Root Cause and Timelines:
06:46 AM – 09:30 AM UTC, 20th October (Major Impact Window)
- We began observing increased error rates and DNS lookup failures from 06:48 AM UTC. Critical AWS services such as DynamoDB, SQS, STS, EC2, and Lambda were fully degraded.
- The AWS outage - rooted in a DNS resolution failure of EC2 services - prevented us from provisioning new instances and caused some of our application servers to become unhealthy. Since we couldn’t provision new instances, to ensure uptime, we started shedding load on existing instances by moving low-priority workloads to a separate instance.
- By 09:30 AM UTC, core services were partially stabilized, though intermittent DNS errors persisted.
Recovery:
After 09:30 AM UTC, 20 October
- We noticed some application servers went unhealthy, and we restarted some of the servers as autoscaling/new instance provisioning was not available.
- We continued to observe random DNS lookup failures from AWS, averaging about 2k errors per hour.
Job Rescheduling and Completion:
- To avoid further load on the system during the AWS recovery phase, we paused rescheduling of failed jobs until AWS fully declared that their services were fully operational, esp their auto scaling functionality.
- AWS gradually restored autoscaling and EC2 instances by 09:30 PM UTC on 20th October.

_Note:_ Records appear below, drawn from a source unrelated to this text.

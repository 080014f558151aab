-- ===== src/Dto/Tenants.antt =====
-- The DTOs of tenants, webhooks, API keys and roles: src/modules/tenants/dto, src/modules/webhooks/dto,
-- src/modules/api-keys/dto and src/modules/rbac/dto. `parse_date` is `new Date(text)`, with which
-- the API key service reads the date of a DTO.
use multi_tenant_saas_gatewa.Common.{
  ℕ, String, Bool, true, false, not, ◌&&◌, ◌||◌, Option, none, some, [], ◌∷◌, ◌==◌, leb,
  if◌then◌else◌,
}
use multi_tenant_saas_gatewa.Entities.{TenantStatus}
use multi_tenant_saas_gatewa.Tenants.{CreateTenantPayload, UpdateTenantPayload}
use multi_tenant_saas_gatewa.ApiKeys.{CreateApiKeyDto, UpdateApiKeyDto}
use multi_tenant_saas_gatewa.Webhooks.{
  WebhookEvent, tenant_created, tenant_updated, tenant_deleted, user_created, user_updated,
  user_deleted, api_key_created, api_key_revoked, CreateWebhookDto, UpdateWebhookDto,
}
use multi_tenant_saas_gatewa.Controllers.Rbac.{CreateRoleDto}
use multi_tenant_saas_gatewa.Dto.{
  Validators, Fields, is_null, lookup, ◌>>=◌, ◌>>◌, guard, whitelisted, string, optional_string,
  optional, optional_int, property, text_of, boolean_of, item_text, list_of, that, string_type,
  boolean_type, array_type, anything, between,
}
use Prim.Native.Char.{code, Char}

abbrev pub tenant_status_of : String → Option TenantStatus
tenant_status_of s =
    if s == "ACTIVE"
    then some TenantStatus.active
    else if s == "INACTIVE"
    then some TenantStatus.inactive
    else if s == "SUSPENDED"
    then some TenantStatus.suspended
    else if s == "ARCHIVED"
    then some TenantStatus.archived
    else none

abbrev pub event_of : String → Option WebhookEvent
event_of s =
    if s == "tenant.created"
    then some tenant_created
    else if s == "tenant.updated"
    then some tenant_updated
    else if s == "tenant.deleted"
    then some tenant_deleted
    else if s == "user.created"
    then some user_created
    else if s == "user.updated"
    then some user_updated
    else if s == "user.deleted"
    then some user_deleted
    else if s == "api_key.created"
    then some api_key_created
    else if s == "api_key.revoked"
    then some api_key_revoked
    else none

-- [a-z0-9]
abbrev pub is_slug_char : Char → Bool
is_slug_char c = leb b'a' (code c) && leb (code c) b'z' || leb b'0' (code c) && leb (code c) b'9'

abbrev pub is_hyphen : Char → Bool
is_hyphen c = leb b'-' (code c) && leb (code c) b'-'

-- What is left of a slug, where `started` says that a character was read since the last hyphen.
unfoldable pub slug_from : Bool → String → Bool
slug_from started String.[] = started
slug_from started (String.◌∷◌ c s) =
    let within = slug_from true s in
    let after = slug_from false s in
    if is_slug_char c then within else if started && is_hyphen c then after else false

-- /^[a-z0-9]+(?:-[a-z0-9]+)*$/
unfoldable pub is_slug : String → Bool
unfolding slug_from
is_slug s = slug_from false s

abbrev pub dated : (String → ℕ) → Option String → Option ℕ
dated parse_date none = none
dated parse_date (some s) = if s == "" then none else some (parse_date s)

module _ (V : Validators) (fields : Fields) where
  unfoldable pub create_tenant_dto : Option CreateTenantPayload
  unfolding whitelisted
  create_tenant_dto = do
    guard (whitelisted ("name" ∷ "slug" ∷ "description" ∷ "website" ∷ "logo" ∷ []) fields)
    name ← string V fields "name" (λ s. between 2 100 (V.length s))
    slug ← string V fields "slug" (λ s. between 3 50 (V.length s) && is_slug s)
    description ← optional_string V fields "description" anything
    website ← optional_string V fields "website" anything
    logo ← optional_string V fields "logo" anything
    some (record {
      name = name;
      slug = slug;
      description = description;
      website = website;
      logo = logo;
    })

  unfoldable pub update_tenant_dto : Option UpdateTenantPayload
  unfolding whitelisted
  update_tenant_dto = do
    guard
        (whitelisted ("name" ∷ "slug" ∷ "description" ∷ "website" ∷ "logo" ∷ "status" ∷ []) fields)
    name ← optional_string V fields "name" (λ s. between 2 100 (V.length s))
    slug ← optional_string V fields "slug" is_slug
    description ← optional_string V fields "description" anything
    website ← optional_string V fields "website" anything
    logo ← optional_string V fields "logo" anything
    status ← optional V fields string_type (λ v. text_of v >>= tenant_status_of) "status"
    some (record {
      name = name;
      slug = slug;
      description = description;
      website = website;
      logo = logo;
      status = status;
    })

  unfoldable pub create_webhook_dto : Option CreateWebhookDto
  unfolding whitelisted
  create_webhook_dto = do
    guard (whitelisted ("url" ∷ "description" ∷ "events" ∷ "maxRetries" ∷ []) fields)
    url ← string V fields "url" V.is_url
    description ← optional_string V fields "description" (λ s. leb (V.length s) 255)
    events ← property V fields array_type (list_of (λ x. item_text x >>= event_of)) "events"
    max_retries ← optional_int V fields "maxRetries" (between 1 5)
    some (record {
      url = url;
      description = description;
      events = events;
      max_retries = max_retries;
    })

  unfoldable pub update_webhook_dto : Option UpdateWebhookDto
  unfolding whitelisted
  update_webhook_dto = do
    guard (whitelisted ("url" ∷ "description" ∷ "events" ∷ "isActive" ∷ "maxRetries" ∷ []) fields)
    url ← optional_string V fields "url" V.is_url
    description ← optional_string V fields "description" (λ s. leb (V.length s) 255)
    events ← optional V fields array_type (list_of (λ x. item_text x >>= event_of)) "events"
    is_active ← optional V fields boolean_type boolean_of "isActive"
    max_retries ← optional_int V fields "maxRetries" (between 1 5)
    some (record {
      null_column =
          is_null (lookup "url" fields)
          || is_null (lookup "events" fields)
          || is_null (lookup "isActive" fields)
          || is_null (lookup "maxRetries" fields);
      no_description = is_null (lookup "description" fields);
      url = url;
      description = description;
      events = events;
      is_active = is_active;
      max_retries = max_retries;
    })

  -- `WebhookTestDto`
  unfoldable pub webhook_test_dto : Option WebhookEvent
  unfolding whitelisted
  webhook_test_dto = do
    guard (whitelisted ("event" ∷ []) fields)
    property V fields string_type (λ v. text_of v >>= event_of) "event"

  unfoldable pub create_api_key_dto : (String → ℕ) → Option CreateApiKeyDto
  unfolding whitelisted
  create_api_key_dto parse_date = do
    guard (whitelisted ("name" ∷ "scopes" ∷ "expiresAt" ∷ []) fields)
    name ← string V fields "name" (λ s. between 3 255 (V.length s))
    scopes ← optional V fields array_type (list_of item_text) "scopes"
    expires_at ← optional_string V fields "expiresAt" V.is_date_string
    some (record { name = name; scopes = scopes; expires_at = dated parse_date expires_at })

  unfoldable pub update_api_key_dto : (String → ℕ) → Option UpdateApiKeyDto
  unfolding whitelisted
  update_api_key_dto parse_date = do
    guard (whitelisted ("name" ∷ "scopes" ∷ "expiresAt" ∷ []) fields)
    name ← optional_string V fields "name" (λ s. leb (V.length s) 255)
    scopes ← optional V fields array_type (list_of item_text) "scopes"
    expires_at ← optional_string V fields "expiresAt" V.is_date_string
    some (record { name = name; scopes = scopes; expires_at = dated parse_date expires_at })

  -- `AssignRoleDto`, whose only property is the id of the role.
  unfoldable pub assign_role_dto : Option String
  unfolding whitelisted
  assign_role_dto = do
    guard (whitelisted ("roleId" ∷ []) fields)
    string V fields "roleId" V.is_uuid4

  unfoldable pub create_role_dto : Option CreateRoleDto
  unfolding whitelisted
  create_role_dto = do
    guard (whitelisted ("name" ∷ "description" ∷ "permissionIds" ∷ []) fields)
    name ← string V fields "name" (λ s. not (s == "") && leb (V.length s) 100)
    description ← optional_string V fields "description" (λ s. leb (V.length s) 500)
    permission_ids ←
        optional V fields array_type (list_of (λ x. that V.is_uuid4 (item_text x))) "permissionIds"
    some (record { name = name; description = description; permission_ids = permission_ids })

- By 11:00 PM UTC on 20th October, system stability had largely been restored. Some upstream third-party services were still not completely recovered.
- All critical jobs were rescheduled in a staggered way so as not to overload the system and completed by 02:45 PM UTC on 21st October.
- All non-critical jobs were rescheduled, and the entire activity was completed by 02:15 PM UTC on 22nd October.
We have treated this downtime as a key learning opportunity and established a dedicated internal team to enhance our tooling and processes for faster recovery.